Assignment: How many lines below hold the string "PublicationAccess"? Report that number alone.

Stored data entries
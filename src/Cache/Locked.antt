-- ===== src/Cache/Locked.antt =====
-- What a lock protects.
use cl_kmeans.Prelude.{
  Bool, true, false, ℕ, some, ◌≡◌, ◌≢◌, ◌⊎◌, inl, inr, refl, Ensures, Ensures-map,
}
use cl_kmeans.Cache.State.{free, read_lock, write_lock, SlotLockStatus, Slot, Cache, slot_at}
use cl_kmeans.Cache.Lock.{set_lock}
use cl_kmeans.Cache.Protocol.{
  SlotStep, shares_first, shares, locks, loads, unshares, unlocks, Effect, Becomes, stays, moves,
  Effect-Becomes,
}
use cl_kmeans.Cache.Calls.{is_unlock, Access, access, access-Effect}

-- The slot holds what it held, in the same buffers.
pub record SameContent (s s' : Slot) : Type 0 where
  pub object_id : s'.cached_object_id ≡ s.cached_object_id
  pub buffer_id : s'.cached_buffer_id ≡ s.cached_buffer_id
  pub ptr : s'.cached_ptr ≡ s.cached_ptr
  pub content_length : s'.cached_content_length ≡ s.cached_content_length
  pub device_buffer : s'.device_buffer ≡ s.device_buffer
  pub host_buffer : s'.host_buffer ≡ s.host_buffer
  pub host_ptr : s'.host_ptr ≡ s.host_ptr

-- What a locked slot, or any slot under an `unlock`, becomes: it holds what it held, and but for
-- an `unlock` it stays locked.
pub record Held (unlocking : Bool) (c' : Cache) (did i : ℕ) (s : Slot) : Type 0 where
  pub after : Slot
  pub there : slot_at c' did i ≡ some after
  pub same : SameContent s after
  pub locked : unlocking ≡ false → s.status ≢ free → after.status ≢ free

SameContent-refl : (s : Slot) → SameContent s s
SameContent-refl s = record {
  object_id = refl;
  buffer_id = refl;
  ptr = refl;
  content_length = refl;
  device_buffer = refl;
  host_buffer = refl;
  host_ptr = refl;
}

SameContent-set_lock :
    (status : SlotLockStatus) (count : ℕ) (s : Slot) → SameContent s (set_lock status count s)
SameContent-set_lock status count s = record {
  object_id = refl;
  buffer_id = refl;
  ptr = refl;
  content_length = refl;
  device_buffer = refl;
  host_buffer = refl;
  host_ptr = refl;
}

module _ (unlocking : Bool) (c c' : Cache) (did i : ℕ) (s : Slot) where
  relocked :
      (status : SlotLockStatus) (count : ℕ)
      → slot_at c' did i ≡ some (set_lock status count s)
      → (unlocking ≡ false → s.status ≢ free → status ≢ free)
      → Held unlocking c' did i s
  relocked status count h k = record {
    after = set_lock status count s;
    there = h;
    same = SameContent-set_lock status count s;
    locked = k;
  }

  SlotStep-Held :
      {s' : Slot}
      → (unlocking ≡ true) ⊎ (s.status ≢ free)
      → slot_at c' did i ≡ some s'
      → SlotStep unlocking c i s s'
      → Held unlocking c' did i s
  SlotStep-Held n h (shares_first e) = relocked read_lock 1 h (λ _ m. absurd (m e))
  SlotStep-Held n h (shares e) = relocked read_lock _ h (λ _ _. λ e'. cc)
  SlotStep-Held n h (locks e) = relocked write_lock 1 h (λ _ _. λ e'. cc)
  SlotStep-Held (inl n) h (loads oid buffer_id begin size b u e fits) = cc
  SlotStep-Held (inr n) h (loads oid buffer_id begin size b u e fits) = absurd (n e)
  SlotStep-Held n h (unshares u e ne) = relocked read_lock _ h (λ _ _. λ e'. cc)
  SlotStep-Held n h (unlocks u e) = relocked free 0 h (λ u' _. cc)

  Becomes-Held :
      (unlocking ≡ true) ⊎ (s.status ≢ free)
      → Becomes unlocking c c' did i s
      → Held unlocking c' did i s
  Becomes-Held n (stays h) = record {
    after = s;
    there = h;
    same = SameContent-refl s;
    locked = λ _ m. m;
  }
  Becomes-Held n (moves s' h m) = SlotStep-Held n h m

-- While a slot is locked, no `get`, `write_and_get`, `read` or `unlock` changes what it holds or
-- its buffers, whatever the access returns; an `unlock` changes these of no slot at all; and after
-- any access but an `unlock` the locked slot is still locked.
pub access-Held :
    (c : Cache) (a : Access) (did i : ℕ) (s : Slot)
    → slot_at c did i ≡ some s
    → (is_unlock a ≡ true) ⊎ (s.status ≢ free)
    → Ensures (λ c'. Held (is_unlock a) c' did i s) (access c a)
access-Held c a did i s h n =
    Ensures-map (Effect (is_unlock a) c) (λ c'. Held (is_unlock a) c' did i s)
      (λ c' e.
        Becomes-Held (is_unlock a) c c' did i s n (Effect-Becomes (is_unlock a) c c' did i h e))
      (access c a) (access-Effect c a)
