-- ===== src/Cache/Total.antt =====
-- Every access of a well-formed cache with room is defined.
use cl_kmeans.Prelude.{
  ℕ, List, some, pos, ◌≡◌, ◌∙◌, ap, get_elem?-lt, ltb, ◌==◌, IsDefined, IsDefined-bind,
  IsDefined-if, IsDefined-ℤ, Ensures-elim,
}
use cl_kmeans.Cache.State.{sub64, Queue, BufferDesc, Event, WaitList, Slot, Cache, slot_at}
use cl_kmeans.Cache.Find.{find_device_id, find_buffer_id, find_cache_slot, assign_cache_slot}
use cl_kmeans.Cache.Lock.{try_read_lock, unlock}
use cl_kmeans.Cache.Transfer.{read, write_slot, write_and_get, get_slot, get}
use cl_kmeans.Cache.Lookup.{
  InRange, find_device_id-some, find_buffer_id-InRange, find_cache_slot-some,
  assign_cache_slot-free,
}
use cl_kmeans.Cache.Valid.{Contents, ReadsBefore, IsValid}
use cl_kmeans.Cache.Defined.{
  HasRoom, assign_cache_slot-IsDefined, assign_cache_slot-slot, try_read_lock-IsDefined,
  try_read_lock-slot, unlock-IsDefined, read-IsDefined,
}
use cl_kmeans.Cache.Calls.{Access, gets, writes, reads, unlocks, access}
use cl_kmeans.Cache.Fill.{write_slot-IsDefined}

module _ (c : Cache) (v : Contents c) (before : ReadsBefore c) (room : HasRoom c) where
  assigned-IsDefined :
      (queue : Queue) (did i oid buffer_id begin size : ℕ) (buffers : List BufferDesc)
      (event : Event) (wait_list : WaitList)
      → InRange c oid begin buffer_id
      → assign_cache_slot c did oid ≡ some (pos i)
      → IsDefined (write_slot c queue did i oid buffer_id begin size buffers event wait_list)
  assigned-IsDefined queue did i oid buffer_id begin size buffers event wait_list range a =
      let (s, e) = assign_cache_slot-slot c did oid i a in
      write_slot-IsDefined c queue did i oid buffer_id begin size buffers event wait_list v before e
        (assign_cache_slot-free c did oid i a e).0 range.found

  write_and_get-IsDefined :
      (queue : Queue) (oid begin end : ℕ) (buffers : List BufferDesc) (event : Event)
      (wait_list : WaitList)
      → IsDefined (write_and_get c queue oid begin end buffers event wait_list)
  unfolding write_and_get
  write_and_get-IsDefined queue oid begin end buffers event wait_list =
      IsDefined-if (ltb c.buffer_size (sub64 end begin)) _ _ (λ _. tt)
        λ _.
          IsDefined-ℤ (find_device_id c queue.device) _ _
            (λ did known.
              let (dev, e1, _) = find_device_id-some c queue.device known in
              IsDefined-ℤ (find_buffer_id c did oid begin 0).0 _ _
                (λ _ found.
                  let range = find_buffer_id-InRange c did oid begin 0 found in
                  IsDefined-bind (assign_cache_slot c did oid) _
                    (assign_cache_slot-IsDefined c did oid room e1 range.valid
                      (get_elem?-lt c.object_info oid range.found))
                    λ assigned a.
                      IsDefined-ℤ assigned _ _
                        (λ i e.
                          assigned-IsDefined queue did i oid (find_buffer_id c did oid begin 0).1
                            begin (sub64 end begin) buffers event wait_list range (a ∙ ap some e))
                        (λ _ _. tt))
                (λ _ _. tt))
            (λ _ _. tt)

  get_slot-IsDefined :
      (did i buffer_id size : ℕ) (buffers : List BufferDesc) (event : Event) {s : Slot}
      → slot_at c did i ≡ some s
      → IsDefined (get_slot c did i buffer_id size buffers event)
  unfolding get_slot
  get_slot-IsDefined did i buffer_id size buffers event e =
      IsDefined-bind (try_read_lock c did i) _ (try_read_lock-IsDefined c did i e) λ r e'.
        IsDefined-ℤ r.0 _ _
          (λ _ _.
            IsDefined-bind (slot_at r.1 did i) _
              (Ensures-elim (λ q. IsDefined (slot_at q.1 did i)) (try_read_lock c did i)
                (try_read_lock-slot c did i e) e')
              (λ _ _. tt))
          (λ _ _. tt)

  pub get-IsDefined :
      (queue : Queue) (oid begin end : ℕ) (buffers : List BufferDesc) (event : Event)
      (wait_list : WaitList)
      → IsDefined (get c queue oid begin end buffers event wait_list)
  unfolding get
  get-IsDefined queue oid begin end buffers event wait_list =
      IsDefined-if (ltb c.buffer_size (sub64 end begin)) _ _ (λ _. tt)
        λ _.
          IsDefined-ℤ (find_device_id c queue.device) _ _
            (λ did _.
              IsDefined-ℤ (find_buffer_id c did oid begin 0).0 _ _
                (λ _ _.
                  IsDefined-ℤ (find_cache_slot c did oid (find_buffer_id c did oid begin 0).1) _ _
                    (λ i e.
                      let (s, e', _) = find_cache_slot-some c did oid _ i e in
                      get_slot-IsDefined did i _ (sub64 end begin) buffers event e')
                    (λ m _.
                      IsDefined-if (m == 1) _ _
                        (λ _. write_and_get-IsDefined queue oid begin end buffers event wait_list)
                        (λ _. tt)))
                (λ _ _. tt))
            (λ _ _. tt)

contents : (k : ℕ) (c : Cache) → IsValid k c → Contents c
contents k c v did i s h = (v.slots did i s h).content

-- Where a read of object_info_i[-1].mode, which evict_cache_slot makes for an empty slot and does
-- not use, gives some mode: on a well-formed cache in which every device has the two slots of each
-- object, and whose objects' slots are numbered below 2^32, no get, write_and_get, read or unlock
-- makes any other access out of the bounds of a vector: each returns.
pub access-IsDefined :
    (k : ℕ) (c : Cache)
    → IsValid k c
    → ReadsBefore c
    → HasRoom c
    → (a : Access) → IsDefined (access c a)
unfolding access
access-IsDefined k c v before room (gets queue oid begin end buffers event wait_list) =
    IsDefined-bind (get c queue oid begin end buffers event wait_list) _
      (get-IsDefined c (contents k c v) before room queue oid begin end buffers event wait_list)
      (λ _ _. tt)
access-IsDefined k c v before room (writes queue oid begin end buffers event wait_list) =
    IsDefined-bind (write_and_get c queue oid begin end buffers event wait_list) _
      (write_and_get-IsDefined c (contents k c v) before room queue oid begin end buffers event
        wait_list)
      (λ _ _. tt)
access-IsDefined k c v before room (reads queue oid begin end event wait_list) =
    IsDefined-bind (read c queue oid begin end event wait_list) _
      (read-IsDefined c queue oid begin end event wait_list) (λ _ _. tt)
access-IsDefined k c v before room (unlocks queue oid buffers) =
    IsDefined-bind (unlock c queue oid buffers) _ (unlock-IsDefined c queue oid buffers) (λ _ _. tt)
--
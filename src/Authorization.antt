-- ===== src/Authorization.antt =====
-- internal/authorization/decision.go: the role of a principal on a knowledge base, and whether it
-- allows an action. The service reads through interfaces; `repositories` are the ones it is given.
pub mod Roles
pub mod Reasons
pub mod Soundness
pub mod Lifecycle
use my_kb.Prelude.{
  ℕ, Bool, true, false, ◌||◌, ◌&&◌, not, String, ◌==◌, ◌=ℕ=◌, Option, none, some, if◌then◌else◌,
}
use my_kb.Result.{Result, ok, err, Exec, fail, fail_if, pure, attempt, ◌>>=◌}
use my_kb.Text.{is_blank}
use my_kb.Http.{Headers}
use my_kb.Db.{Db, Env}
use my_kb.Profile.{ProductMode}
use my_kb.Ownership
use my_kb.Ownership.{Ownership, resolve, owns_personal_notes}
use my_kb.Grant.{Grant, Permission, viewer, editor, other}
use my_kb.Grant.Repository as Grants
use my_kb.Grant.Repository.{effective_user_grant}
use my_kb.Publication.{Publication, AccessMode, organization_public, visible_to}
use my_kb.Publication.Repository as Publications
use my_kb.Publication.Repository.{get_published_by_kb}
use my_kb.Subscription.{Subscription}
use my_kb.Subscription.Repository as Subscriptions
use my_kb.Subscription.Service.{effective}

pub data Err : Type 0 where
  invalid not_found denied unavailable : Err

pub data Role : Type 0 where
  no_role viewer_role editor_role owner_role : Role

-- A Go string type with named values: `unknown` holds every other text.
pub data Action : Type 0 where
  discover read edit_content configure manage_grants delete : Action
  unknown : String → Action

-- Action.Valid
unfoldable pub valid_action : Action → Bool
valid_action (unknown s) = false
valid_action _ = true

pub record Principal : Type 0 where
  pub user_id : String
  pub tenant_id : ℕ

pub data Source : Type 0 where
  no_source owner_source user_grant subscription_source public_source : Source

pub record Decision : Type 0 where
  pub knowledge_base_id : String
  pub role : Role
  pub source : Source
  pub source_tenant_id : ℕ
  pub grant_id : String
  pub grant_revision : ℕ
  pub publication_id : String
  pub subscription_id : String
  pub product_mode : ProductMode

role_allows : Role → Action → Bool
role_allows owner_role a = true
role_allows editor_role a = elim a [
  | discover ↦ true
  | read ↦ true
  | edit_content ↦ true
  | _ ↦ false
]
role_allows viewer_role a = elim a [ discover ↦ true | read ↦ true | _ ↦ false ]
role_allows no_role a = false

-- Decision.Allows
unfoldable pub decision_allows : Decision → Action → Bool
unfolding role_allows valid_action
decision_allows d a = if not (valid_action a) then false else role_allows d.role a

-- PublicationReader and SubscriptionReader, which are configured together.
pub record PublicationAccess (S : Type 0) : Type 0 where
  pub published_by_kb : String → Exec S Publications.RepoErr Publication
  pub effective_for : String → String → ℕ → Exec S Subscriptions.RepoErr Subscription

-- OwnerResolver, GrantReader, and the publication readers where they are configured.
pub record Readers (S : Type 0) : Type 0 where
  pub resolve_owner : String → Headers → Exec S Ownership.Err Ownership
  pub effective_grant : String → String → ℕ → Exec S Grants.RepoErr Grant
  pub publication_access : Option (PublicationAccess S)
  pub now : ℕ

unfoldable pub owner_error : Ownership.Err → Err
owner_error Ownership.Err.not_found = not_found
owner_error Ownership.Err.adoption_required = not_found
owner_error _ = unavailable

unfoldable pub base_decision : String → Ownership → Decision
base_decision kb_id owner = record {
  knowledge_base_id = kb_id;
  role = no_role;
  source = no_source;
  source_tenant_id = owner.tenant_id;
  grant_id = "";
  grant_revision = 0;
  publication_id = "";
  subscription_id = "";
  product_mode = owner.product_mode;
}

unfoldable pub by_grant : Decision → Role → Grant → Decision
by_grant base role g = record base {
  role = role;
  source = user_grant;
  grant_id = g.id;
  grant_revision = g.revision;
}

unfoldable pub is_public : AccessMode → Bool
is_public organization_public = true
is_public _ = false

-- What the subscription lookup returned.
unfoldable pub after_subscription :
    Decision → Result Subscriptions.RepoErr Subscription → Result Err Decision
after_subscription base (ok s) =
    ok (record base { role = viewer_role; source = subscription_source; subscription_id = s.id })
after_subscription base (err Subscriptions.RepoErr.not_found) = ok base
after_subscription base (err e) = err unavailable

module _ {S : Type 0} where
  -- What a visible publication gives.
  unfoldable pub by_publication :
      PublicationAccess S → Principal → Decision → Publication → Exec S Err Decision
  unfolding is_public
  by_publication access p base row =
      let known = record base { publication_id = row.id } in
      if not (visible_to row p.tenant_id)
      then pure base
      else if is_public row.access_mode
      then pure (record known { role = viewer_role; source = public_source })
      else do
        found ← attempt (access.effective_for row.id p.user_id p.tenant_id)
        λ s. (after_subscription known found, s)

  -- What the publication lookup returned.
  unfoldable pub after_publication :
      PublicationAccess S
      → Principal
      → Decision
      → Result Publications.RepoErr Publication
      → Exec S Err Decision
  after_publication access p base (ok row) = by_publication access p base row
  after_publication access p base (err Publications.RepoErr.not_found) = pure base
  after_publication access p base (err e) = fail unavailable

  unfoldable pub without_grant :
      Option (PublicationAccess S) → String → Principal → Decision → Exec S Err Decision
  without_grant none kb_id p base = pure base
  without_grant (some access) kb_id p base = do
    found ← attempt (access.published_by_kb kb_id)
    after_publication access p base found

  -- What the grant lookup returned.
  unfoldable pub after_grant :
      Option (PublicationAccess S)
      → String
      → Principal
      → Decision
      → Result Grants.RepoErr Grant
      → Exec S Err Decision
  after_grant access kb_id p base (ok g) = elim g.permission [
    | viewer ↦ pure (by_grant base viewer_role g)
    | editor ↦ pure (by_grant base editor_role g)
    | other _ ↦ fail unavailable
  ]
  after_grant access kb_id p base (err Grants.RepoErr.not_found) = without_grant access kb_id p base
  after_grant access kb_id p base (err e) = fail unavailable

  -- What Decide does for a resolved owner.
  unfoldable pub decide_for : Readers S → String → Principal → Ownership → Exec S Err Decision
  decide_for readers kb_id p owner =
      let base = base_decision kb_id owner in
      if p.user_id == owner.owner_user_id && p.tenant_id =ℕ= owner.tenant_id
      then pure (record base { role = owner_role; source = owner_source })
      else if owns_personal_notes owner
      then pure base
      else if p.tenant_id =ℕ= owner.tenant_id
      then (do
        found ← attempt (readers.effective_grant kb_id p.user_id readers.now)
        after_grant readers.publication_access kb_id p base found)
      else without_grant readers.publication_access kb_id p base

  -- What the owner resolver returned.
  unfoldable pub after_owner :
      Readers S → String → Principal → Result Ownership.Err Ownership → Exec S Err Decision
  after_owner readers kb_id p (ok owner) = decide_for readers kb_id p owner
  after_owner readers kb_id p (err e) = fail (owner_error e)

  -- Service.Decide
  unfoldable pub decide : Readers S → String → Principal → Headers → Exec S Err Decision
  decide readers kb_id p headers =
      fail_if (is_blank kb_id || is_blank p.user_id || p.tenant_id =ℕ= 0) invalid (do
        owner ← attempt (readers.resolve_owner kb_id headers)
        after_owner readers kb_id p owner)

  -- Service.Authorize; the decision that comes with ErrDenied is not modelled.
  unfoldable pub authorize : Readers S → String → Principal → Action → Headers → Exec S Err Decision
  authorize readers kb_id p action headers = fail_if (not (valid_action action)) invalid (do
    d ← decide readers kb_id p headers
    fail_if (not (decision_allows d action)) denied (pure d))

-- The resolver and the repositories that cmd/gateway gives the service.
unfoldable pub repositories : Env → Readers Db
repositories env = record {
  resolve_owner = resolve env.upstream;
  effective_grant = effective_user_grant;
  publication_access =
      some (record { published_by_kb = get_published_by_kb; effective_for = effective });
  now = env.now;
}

Expected answer: 6